Taken together, one can’t help notice a strange merging of interests between the regime in Tehran, Putin’s Russia and Donald Trump?

We may be at one of those junctures when history repeats itself, even in the most unusual ways. I can’t help seeing startling similarities between the 2024 election and the U.S. elections of 1980, in which the Republican Ronald Reagan defeated the sitting Democratic President Jimmy Carter. In both cases, a Democrat seen as a weak president was in office: Carter then, and Joe Biden today. In both cases their opponents seemed vibrant and popular. In both cases, the Republican candidates used the Iran mischief card (and the weak response given to it) to win votes.

Weak Democrats

Both the Carter and the Biden administrations have faced some big challenges in the Middle East involving Iran’s crucial role.

In 1979, the seizure of the U.S. embassy in Tehran and the hostage taking of U.S. diplomats became a nightmare for Jimmy Carter. Republicans led by Ronald Reagan were able to use Carter’s weakness in solving this crisis and use it to their advantage, though in time public opinion was irked if not angered to find out there had been a secret agreement between Reagan’s people and the regime of Ayatollah Ruhollah Khomeini to slow down the release of the hostages until after the elections.

Is Iran acting deliberately to favor the Republicans on November 5?

Today, the Republicans are accusing Biden and his aspiring successor Harris of being weak with Iran and incapable of appeasing the Middle East. But there is a question now, especially among Iranians including numerous Iranian-Americans voting for Trump precisely over Biden’s approach toward Iran: is there a deal, already done or afoot, between the Trump team and the Tehran regime? Is Iran acting deliberately to favor the Republicans on November 5?
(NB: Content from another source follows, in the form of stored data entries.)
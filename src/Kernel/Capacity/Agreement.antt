-- ===== src/Kernel/Capacity/Agreement.antt =====
-- The capacity test of crates/kernel/src/flow.rs and the reservation.
use edet.Base.{ℕ, ◌<◌, ◌≡◌, ◌≢◌, ◌↔◌, Bool, none, [], ◌∷◌, arith}
use edet.Kernel.Capacity.{
  reserve_inner, capacity_inner, Edges, Reservations, Committed, Underwriters,
}

-- A reservation is refused exactly when the capacity of the debtor, asked up to the amount, falls
-- short of it, and a refusal leaves both maps as they were. The debtor's ledger has an account.
pub reserve_inner-refused :
    (edges : Edges) (reserved : Reservations) (committed : Committed) (uw : Underwriters)
    (debtor n amount : ℕ) (own_supply : Bool)
    → n ≢ 0
    → let r = reserve_inner edges reserved committed uw debtor n amount own_supply in
      ((r.held ≡ none)
        ↔ (capacity_inner edges reserved committed uw (debtor ∷ []) n amount own_supply < amount))
      × (r.held ≡ none → (r.reserved ≡ reserved) × (r.committed ≡ committed))
unfolding reserve_inner capacity_inner
reserve_inner-refused edges reserved committed uw debtor n amount own_supply h =
    ((λ e. ground arith, λ lt. ground arith), λ e. ground arith)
This becomes more plausible considering Trump’s previous declarations that regime change is not on his administration’s agenda. Some observers are thus speculating that Iran’s recent actions sought to foment crises, but of an artificial kind, meant to incite opinion in Trump’s favor.
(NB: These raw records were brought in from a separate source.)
-- ===== src/Kernel/Network/Arcs.antt =====
-- The tables `ledger_arc` and `supply_arc` of the network against its capacities.
use edet.Base.{
  ℕ, suc, ◌<◌, ◌≡◌, refl, some, List, [], ◌∷◌, ◌++◌, All, arith, length, get_or, Ordering,
  length-append,
}
use edet.Map.{Map, get, Above, IsSorted}
use edet.Map.Keys.{Ordered}

pub get_or-append {ℓ} :
    {A : Type ℓ} (xs ys : List A) (i : ℕ) (d : A)
    → i < length xs
    → get_or (xs ++ ys) i d ≡ get_or xs i d
get_or-append [] ys i d h = elim h [ ]
get_or-append (x ∷ xs) ys ℕ.zero d h = refl
get_or-append (x ∷ xs) ys (suc i) d h = get_or-append xs ys i d (omega arith)

pub get_or-append_length {ℓ} :
    {A : Type ℓ} (xs : List A) (y : A) (ys : List A) (d : A)
    → get_or (xs ++ y ∷ ys) (length xs) d ≡ y
get_or-append_length [] y ys d = refl
get_or-append_length (x ∷ xs) y ys d = get_or-append_length xs y ys d

module _ {K : Type 0} ⦃o : Ordered K⦄ where
  -- Every key of the table lies below `k`.
  abbrev pub AllBelow : K → Map K ℕ → Type 0
  AllBelow k arcs = All (λ (e : K × ℕ). o.cmp e.0 k ≡ Ordering.lt) arcs

  pub AllBelow-mono :
      (j k : K) (arcs : Map K ℕ) → o.cmp j k ≡ Ordering.lt → AllBelow j arcs → AllBelow k arcs
  AllBelow-mono j k [] e h = tt
  AllBelow-mono j k ((i, a) ∷ arcs) e h = (o.lt_trans i j k h.0 e, AllBelow-mono j k arcs e h.1)

  pub AllBelow-push :
      (j k : K) (a : ℕ) (arcs : Map K ℕ)
      → o.cmp j k ≡ Ordering.lt
      → AllBelow j arcs
      → AllBelow k (arcs ++ (j, a) ∷ [])
  AllBelow-push j k a [] e h = (e, tt)
  AllBelow-push j k a ((i, b) ∷ arcs) e h = (o.lt_trans i j k h.0 e, AllBelow-push j k a arcs e h.1)

  Above-push :
      (i k : K) (a : ℕ) (arcs : Map K ℕ)
      → o.cmp i k ≡ Ordering.lt
      → Above i arcs
      → Above i (arcs ++ (k, a) ∷ [])
  Above-push i k a [] e h = (e, tt)
  Above-push i k a ((j, b) ∷ arcs) e h = (h.0, Above-push i k a arcs e h.1)

  push-IsSorted :
      (k : K) (a : ℕ) (arcs : Map K ℕ)
      → AllBelow k arcs
      → IsSorted arcs
      → IsSorted (arcs ++ (k, a) ∷ [])
  push-IsSorted k a [] b h = (tt, tt)
  push-IsSorted k a ((j, c) ∷ arcs) b h =
      (Above-push j k a arcs b.0 h.0, push-IsSorted k a arcs b.1 h.1)

  get-push :
      (j k : K) (a : ℕ) (arcs : Map K ℕ)
      → AllBelow k arcs
      → get j (arcs ++ (k, a) ∷ []) ≡ elim (o.cmp j k) [ Ordering.eq ↦ some a | _ ↦ get j arcs ]
  get-push j k a [] b = ground arith
  get-push j k a ((i, c) ∷ arcs) b =
      ground (arith, get-push j k a arcs b.1, o.eq_iff j k, o.eq_iff j i, o.eq_iff i k, b.0)

  -- The table is in key order, and each key's arc carries that key's free capacity.
  pub record Tabled (arcs : Map K ℕ) (cap : List ℕ) (free : K → ℕ) : Type 0 where
    pub sorted : IsSorted arcs
    pub caps : (j : K) (a : ℕ) → get j arcs ≡ some a → (a < length cap) × (get_or cap a 0 ≡ free j)

  pub Tabled-extend :
      (arcs : Map K ℕ) (cap more : List ℕ) (free : K → ℕ)
      → Tabled arcs cap free
      → Tabled arcs (cap ++ more) free
  Tabled-extend arcs cap more free t = record {
    sorted = t.sorted;
    caps = λ j a e.
        let (lt, eq) = t.caps j a e in
        (
          omega (arith, length-append cap more, lt),
          ground (arith, get_or-append cap more a 0 lt, eq),
        );
  }

  pub Tabled-push :
      (k : K) (id c : ℕ) (arcs : Map K ℕ) (cap : List ℕ) (free : K → ℕ)
      → AllBelow k arcs
      → c ≡ free k
      → id ≡ length cap
      → Tabled arcs cap free
      → Tabled (arcs ++ (k, id) ∷ []) (cap ++ c ∷ 0 ∷ []) free
  Tabled-push k id c arcs cap free b ec eid t = record {
    sorted = push-IsSorted k id arcs b t.sorted;
    caps = λ j a e. found j a e;
  }
    where
      more : Tabled arcs (cap ++ c ∷ 0 ∷ []) free
      more = Tabled-extend arcs cap (c ∷ 0 ∷ []) free t

      found :
          (j : K) (a : ℕ)
          → get j (arcs ++ (k, id) ∷ []) ≡ some a
          → (a < length (cap ++ c ∷ 0 ∷ [])) × (get_or (cap ++ c ∷ 0 ∷ []) a 0 ≡ free j)
      found j a e = ground (
        arith,
        get-push j k id arcs b,
        o.eq_iff j k,
        e,
        ec,
        eid,
        more.caps j a,
        get_or-append_length cap c (0 ∷ []) 0,
        length-append cap (c ∷ 0 ∷ []),
      )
A group of American hostages smiles as they are greeted by family and officials upon their return from Iran.
American hostages return to the U.S. on January 20, 1981, after 444 days of captivity during the Iran Hostage Crisis, greeted with relief and celebration. – Don Koralewski/Wikipedia

Russia’s hidden hand?

Russia’s President Vladimir Putin might also have a role here, for his desire to get out of the costly bog of war in Ukraine. As Trump has said he would end that war if elected, might Putin have made promises to Tehran concerning its prospects under a second Trump administration?
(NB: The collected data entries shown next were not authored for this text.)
-- ===== src/Map/Laws.antt =====
-- The laws of the ordered map: what a read returns after each write, that every write keeps the
-- order, and that two ordered maps with the same reads are one.
use edet.Base.{Bool, none, some, Ordering, [], ◌∷◌, ◌≡◌, ◌⊎◌, inl, inr, refl, arith}
use edet.Map.{Map, get, insert, remove, update, retain, Above, IsSorted, kept}
use edet.Map.Keys.{Ordered}
use mathlib.Core.Option

module _ {K : Type 0} ⦃o : Ordered K⦄ where
  pub cmp_self : (k : K) → o.cmp k k ≡ Ordering.eq
  cmp_self k = (o.eq_iff k k).1 refl

  pub cmp_cases :
      (a b : K)
      → (o.cmp a b ≡ Ordering.lt)
        ⊎ ((o.cmp a b ≡ Ordering.eq) × (a ≡ b))
        ⊎ ((o.cmp a b ≡ Ordering.gt) × (o.cmp b a ≡ Ordering.lt))
  cmp_cases a b = ground (arith, o.eq_iff a b, o.lt_flip b a)

module _ {K V : Type 0} ⦃o : Ordered K⦄ where
  pub get-insert :
      (j k : K) (v : V) (m : Map K V)
      → get j (insert k v m) ≡ elim (o.cmp j k) [ Ordering.eq ↦ some v | _ ↦ get j m ]
  get-insert j k v [] = ground arith
  get-insert j k v ((i, w) ∷ m) =
      ground (arith, get-insert j k v m, o.eq_iff j k, o.eq_iff k i, o.eq_iff j i)

  pub insert-insert : (k : K) (v w : V) (m : Map K V) → insert k v (insert k w m) ≡ insert k v m
  insert-insert k v w [] = ground (arith, cmp_self k)
  insert-insert k v w ((i, x) ∷ m) = ground (arith, cmp_self k, insert-insert k v w m)

  pub get-insert_self : (k : K) (v : V) (m : Map K V) → get k (insert k v m) ≡ some v
  get-insert_self k v m = ground (arith, get-insert k k v m, cmp_self k)

  pub get-update :
      (j k : K) (f : V → V) (m : Map K V)
      → get j (update k f m)
        ≡ elim (o.cmp j k) [ Ordering.eq ↦ Option.map f (get j m) | _ ↦ get j m ]
  get-update j k f [] = ground arith
  get-update j k f ((i, w) ∷ m) =
      ground (arith, get-update j k f m, o.eq_iff j k, o.eq_iff k i, o.eq_iff j i)

  pub get-Above : (k : K) (m : Map K V) → Above k m → get k m ≡ none
  get-Above k [] h = refl
  get-Above k ((j, w) ∷ m) h = ground (arith, get-Above k m h.1)

  pub Above-mono : (i k : K) (m : Map K V) → o.cmp i k ≡ Ordering.lt → Above k m → Above i m
  Above-mono i k [] e h = tt
  Above-mono i k ((j, w) ∷ m) e h = (o.lt_trans i k j e h.0, Above-mono i k m e h.1)

  insert-Above :
      (i k : K) (v : V) (m : Map K V) → o.cmp i k ≡ Ordering.lt → Above i m → Above i (insert k v m)
  insert-Above i k v [] e h = (e, tt)
  insert-Above i k v ((j, w) ∷ m) e h = ground (arith, insert-Above i k v m e h.1)

  pub insert-IsSorted : (k : K) (v : V) (m : Map K V) → IsSorted m → IsSorted (insert k v m)
  insert-IsSorted k v [] h = (tt, tt)
  insert-IsSorted k v ((j, w) ∷ m) h = ground (
    arith,
    insert-IsSorted k v m h.1,
    insert-Above j k v m,
    Above-mono k j m,
    o.lt_flip j k,
    o.eq_iff k j,
    h.0,
  )

  update-Above : (i k : K) (f : V → V) (m : Map K V) → Above i m → Above i (update k f m)
  update-Above i k f [] h = tt
  update-Above i k f ((j, w) ∷ m) h = ground (arith, update-Above i k f m h.1)

  pub update-IsSorted : (k : K) (f : V → V) (m : Map K V) → IsSorted m → IsSorted (update k f m)
  update-IsSorted k f [] h = tt
  update-IsSorted k f ((j, w) ∷ m) h =
      ground (arith, update-IsSorted k f m h.1, update-Above j k f m h.0, h.0)

  remove-Above : (i k : K) (m : Map K V) → Above i m → Above i (remove k m)
  remove-Above i k [] h = tt
  remove-Above i k ((j, w) ∷ m) h = ground (arith, remove-Above i k m h.1)

  pub remove-IsSorted : (k : K) (m : Map K V) → IsSorted m → IsSorted (remove k m)
  remove-IsSorted k [] h = tt
  remove-IsSorted k ((j, w) ∷ m) h =
      ground (arith, remove-IsSorted k m h.1, remove-Above j k m h.0, h.1)

  pub get-remove :
      (j k : K) (m : Map K V)
      → IsSorted m
      → get j (remove k m) ≡ elim (o.cmp j k) [ Ordering.eq ↦ none | _ ↦ get j m ]
  get-remove j k [] h = ground arith
  get-remove j k ((i, w) ∷ m) h =
      ground
        (arith, get-remove j k m h.1, get-Above i m h.0, o.eq_iff j k, o.eq_iff k i, o.eq_iff j i)

  retain-Above : (i : K) (p : K → V → Bool) (m : Map K V) → Above i m → Above i (retain p m)
  retain-Above i p [] h = tt
  retain-Above i p ((j, w) ∷ m) h = ground (arith, retain-Above i p m h.1)

  pub retain-IsSorted : (p : K → V → Bool) (m : Map K V) → IsSorted m → IsSorted (retain p m)
  retain-IsSorted p [] h = tt
  retain-IsSorted p ((j, w) ∷ m) h = ground (arith, retain-IsSorted p m h.1, retain-Above j p m h.0)

  pub get-retain :
      (j : K) (p : K → V → Bool) (m : Map K V)
      → IsSorted m
      → get j (retain p m) ≡ kept (p j) (get j m)
  get-retain j p [] h = refl
  get-retain j p ((i, w) ∷ m) h =
      ground (arith, get-retain j p m h.1, get-Above i m h.0, o.eq_iff j i)

  -- Two ordered maps that answer every read alike are equal.
  pub map_ext : (m n : Map K V) → IsSorted m → IsSorted n → ((k : K) → get k m ≡ get k n) → m ≡ n
  map_ext [] [] hm hn e = refl
  map_ext [] ((j, w) ∷ n) hm hn e = ground (arith, e j, cmp_self j)
  map_ext ((k, v) ∷ m) [] hm hn e = ground (arith, e k, cmp_self k)
  map_ext ((k, v) ∷ m) ((j, w) ∷ n) hm hn e = elim (cmp_cases k j) [
    | inl lt ↦ ground (arith, e k, cmp_self k, get-Above k n (Above-mono k j n lt hn.0))
    | inr (inl (eq, same)) ↦ ground (
      arith,
      same,
      e k,
      cmp_self k,
      map_ext m n hm.1 hn.1 λ i.
          ground (arith, e i, o.eq_iff i k, o.eq_iff i j, get-Above k m hm.0, get-Above j n hn.0),
    )
    | inr (inr (gt, lt)) ↦ ground (arith, e j, cmp_self j, get-Above j m (Above-mono j k m lt hm.0))
  ]

  pub lt-of-Above :
      (j k : K) (v : V) (m : Map K V) → Above j m → get k m ≡ some v → o.cmp j k ≡ Ordering.lt
  lt-of-Above j k v [] h e = cc
  lt-of-Above j k v ((i, w) ∷ m) h e = ground (arith, lt-of-Above j k v m h.1, o.eq_iff k i, h.0)

  -- Below the head of an ordered map a read goes on into the rest.
  pub get-cons_later :
      (j k : K) (w v : V) (m : Map K V) → Above j m → get k m ≡ some v → get k ((j, w) ∷ m) ≡ some v
  get-cons_later j k w v m h e = ground (arith, lt-of-Above j k v m h e, o.lt_flip j k, e)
Rumors around supplying Iran with better anti-air missile systems to replace those recently destroyed by Israel, or helping Tehran’s furtive nuclear activities could all be part of this tripartite maneuvering to help ease Trump into office, even if nothing is clear in this speculative scenario.

October 12, 2024, Coachella, California, USA: Donald Trump speaking at his campaign rally in Coachella.
October 12, 2024, Coachella, California, USA: Donald Trump speaking at his campaign rally in Coachella. – Ian L. Sitren/ZUMA

What about the Iranians?

Numerous Iranians, from those living in Iran to opponents, exiles and dual-nationals living and voting abroad, are openly or secretly pinning hopes on Trump’s election as a possible last, or best, chance of strangling Iran’s regime!

The U.S. elections may change the global chessboard in unexpected ways.

The Biden administration’s perseverance in seeking dialogue with, or even appeasing that regime will have a good many Iranian-Americans into the Trump voting camp. But will these hopes, and this trust, turn to bitterness and humiliation if a putative secret pact were revealed? History has shown if nothing else, that politics leave little room for absolute trust or naiveté.

Nothing should be discarded beforehand, and any one of the recent or coming developments could prove decisive to a nation’s fate. Today, as in 1980, the U.S. elections may change the global chessboard in unexpected ways.